2022-03-10 14:21:11

by Yaliang Wang

[permalink] [raw]
Subject: [PATCH] MIPS: pgalloc: fix memory leak caused by pgd_free()

From: Yaliang Wang <[email protected]>

pgd page is freed by generic implementation pgd_free() since commit
f9cb654cb550 ("asm-generic: pgalloc: provide generic pgd_free()"),
however, there are scenarios that the system uses more than one page as
the pgd table, in such cases the generic implementation pgd_free() won't
be applicable anymore. For example, when PAGE_SIZE_4KB is enabled and
MIPS_VA_BITS_48 is not enabled in a 64bit system, the macro "PGD_ORDER"
will be set as "1", which will cause allocating two pages as the pgd
table. Well, at the same time, the generic implementation pgd_free()
just free one pgd page, which will result in the memory leak.

The memory leak can be easily detected by executing shell command:
"while true; do ls > /dev/null; grep MemFree /proc/meminfo; done"

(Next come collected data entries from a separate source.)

-- ===== src/Lib.antt =====
-- The core of the goofyos kernel: its C library, its lists and hash map, its scheduler, its memory
-- allocators and page tables, its file systems, its command line and its text console.
--
-- The parts and the files that model them:
-- - Libk models kernel/src/libk. Libk/Memory has memcpy, memmove and memset of string.c over a memory
--   that maps addresses to bytes; Libk/Strings has strlen, strcmp, strncmp, memcmp, strcpy and strdup
--   over that memory; Libk/Printk has reverse, itoa and ltoa of printk.c, Libk/Printk/Width has
--   parse_width and Libk/Printk/Format has _vsprintf. Libk/Bytes says when bytes or a string stand in
--   memory.
-- - Dsa models kernel/src/dsa/list.c: Dsa/Links is the heap of nodes with a next and a prev pointer,
--   named by their addresses, and Dsa/ListHead has the functions on list_head and single_list_head.
--   Dsa/Links/Chain says which nodes a list holds. Dsa/Dlist has the dlist functions over the same heap,
--   and Dsa/Hashmap the hash map of kernel/src/dsa/hashmap.c, over buckets of entries.
-- - Smp models kernel/src/smp/sched.c: Smp/Sched has the run queue (sched_task and pop_task, over the
--   links of Dsa/Links), the context switch (save_task, go_to_task and schedule), the preemption
--   counter and timer_handler of kernel/src/arch/x86-64/interrupt-handlers/generic-handler.c.
--   Smp/Spinlock has acquire and release of kernel/src/arch/x86-64/spinlock.c and spinlock.asm as a
--   step relation over any number of cores, with the count and the interrupt flag of each.
-- - Mm models kernel/src/mm/buddy.c: Mm/Buddy has free_pages_nolock, alloc_pages_nolock and buddy_init,
--   and calls the functions of Dsa/ListHead the way the code does. Mm/Vmalloc models the list of
--   address ranges of kernel/src/mm/vmalloc.c, and Mm/Bump the early allocator of
--   kernel/src/mm/bump_alloc.c. Mm/Mapper has the page tables of kernel/src/mm/mapper.c: map_page,
--   unmap_page, is_mapped, virt_to_pfn and new_page_table over a store of tables, with the pages that
--   the allocator will give and the lock. Mm/Slab has the caches of kernel/src/mm/slab.c: their three
--   lists of slabs over Dsa/ListHead, the free chunks of each slab, kmalloc and kfree; the slabs come
--   from a pool of Mm/Mempool, which models kernel/src/mm/mempool.c, and Mm/Pages has the addresses of
--   pages in the direct map. Mm/Slab/View says when a cache is well formed.
-- - Drivers models kernel/src/drivers/fbconsole.c: Drivers/Console has the cell buffer, the queue of
--   glyphs and console_write, and Drivers/Glyph has put_glyph and console_init over the words of the
--   framebuffer.
-- - Fs models kernel/src/fs: Fs/Tmpfs has the operations of tmpfs.c over its inodes, whose numbers it
--   keeps in a map of Dsa/Hashmap. Fs/Vfs has vfs_parse_path, vfs_find_vnode and vfs_find_child of
--   vfs.c over a table of vnode operations, which tmpfs fills, and Fs/Vfs/Calls has vfs_find_dentry,
--   the calls on paths and open files, and vfs_init. Fs/Vfs/Walk says when a state is well formed.
--   Fs/Initrd has oct2bin, ustar_next and unpack_ustar of initrd.c over those calls, and
--   Fs/Exec the loader of fs/exec.
-- - Boot models kernel/src/boot/cmdline.c: Boot/Cmdline has build_args and find_cmdline.
-- - Base passes on the names that all share, and Tests runs the theorems at concrete inputs.
--
-- Numbers are natural numbers, with the wrap-round of a counter or an address written out where the
-- code can reach it; an `int` result that can be negative is an integer. Outside Smp/Spinlock a function
-- that runs under a lock is one step, so the interleavings are those of whole critical sections. There
-- are fewer than 2 ^ 31 slabs.
-- The lengths of strings and the offsets in them stay below 2 ^ 31. The negation of the least `int` in
-- itoa has no result, and the other sums and products of an `int` that the input can make overflow, in
-- parse_width and ustar_next, wrap round.
--
-- Fuel: a recursion of the page allocator takes one unit for each order, and 16 are enough for the 16
-- orders; a loop over a string or a number takes one unit for each byte or for each unit of the
-- number; buddy_init takes one for each page of a zone. dlist_kfree_values takes one for each node and
-- one for the end. The walks of the page tables recurse on the level, which starts at 3. unpack_ustar
-- takes one unit for each header, of which there is at most one in every 512 bytes of the archive.
-- mempool_alloc_nolock recurses on the pages that are left.
--
-- Not modelled: interrupt handlers that take locks, the response of the boot loader, the backing of
-- address ranges with pages, and the code that talks to devices. Nor is dentry_resolve, which reads
-- a name as a dentry and follows the pointer found there: tmpfs_mount, which calls it, and vfs_init
-- take as a parameter whether it comes back without harm, and the states of Fs/Vfs start from one
-- where it does. Allocations of the lists, the hash map and the file systems succeed, and what they
-- leak is not part of a state. kmalloc, which strdup calls, and the bytes of vmalloc's memory are
-- parameters. The glyphs that console_write draws and the switch of the CPU to a saved context are
-- values that the functions return. The font is a parameter.
pub mod Base
pub mod Libk
pub mod Dsa
pub mod Smp
pub mod Mm
pub mod Drivers
pub mod Fs
pub mod Boot
pub mod Tests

Fixes: f9cb654cb550 ("asm-generic: pgalloc: provide generic pgd_free()")
Signed-off-by: Yaliang Wang <[email protected]>
---
arch/mips/include/asm/pgalloc.h | 6 ++++++
1 file changed, 6 insertions(+)

diff --git a/arch/mips/include/asm/pgalloc.h b/arch/mips/include/asm/pgalloc.h
index c7925d0e9874..867e9c3db76e 100644
--- a/arch/mips/include/asm/pgalloc.h
+++ b/arch/mips/include/asm/pgalloc.h
@@ -15,6 +15,7 @@

#define __HAVE_ARCH_PMD_ALLOC_ONE
#define __HAVE_ARCH_PUD_ALLOC_ONE
+#define __HAVE_ARCH_PGD_FREE
#include <asm-generic/pgalloc.h>

static inline void pmd_populate_kernel(struct mm_struct *mm, pmd_t *pmd,
@@ -48,6 +49,11 @@ static inline void pud_populate(struct mm_struct *mm, pud_t *pud, pmd_t *pmd)
extern void pgd_init(unsigned long page);
extern pgd_t *pgd_alloc(struct mm_struct *mm);

+static inline void pgd_free(struct mm_struct *mm, pgd_t *pgd)
+{
+ free_pages((unsigned long)pgd, PGD_ORDER);
+}
+
#define __pte_free_tlb(tlb,pte,address) \
do { \
pgtable_pte_page_dtor(pte); \
--
2.25.1


2022-03-14 16:33:02

by Thomas Bogendoerfer

[permalink] [raw]
Subject: Re: [PATCH] MIPS: pgalloc: fix memory leak caused by pgd_free()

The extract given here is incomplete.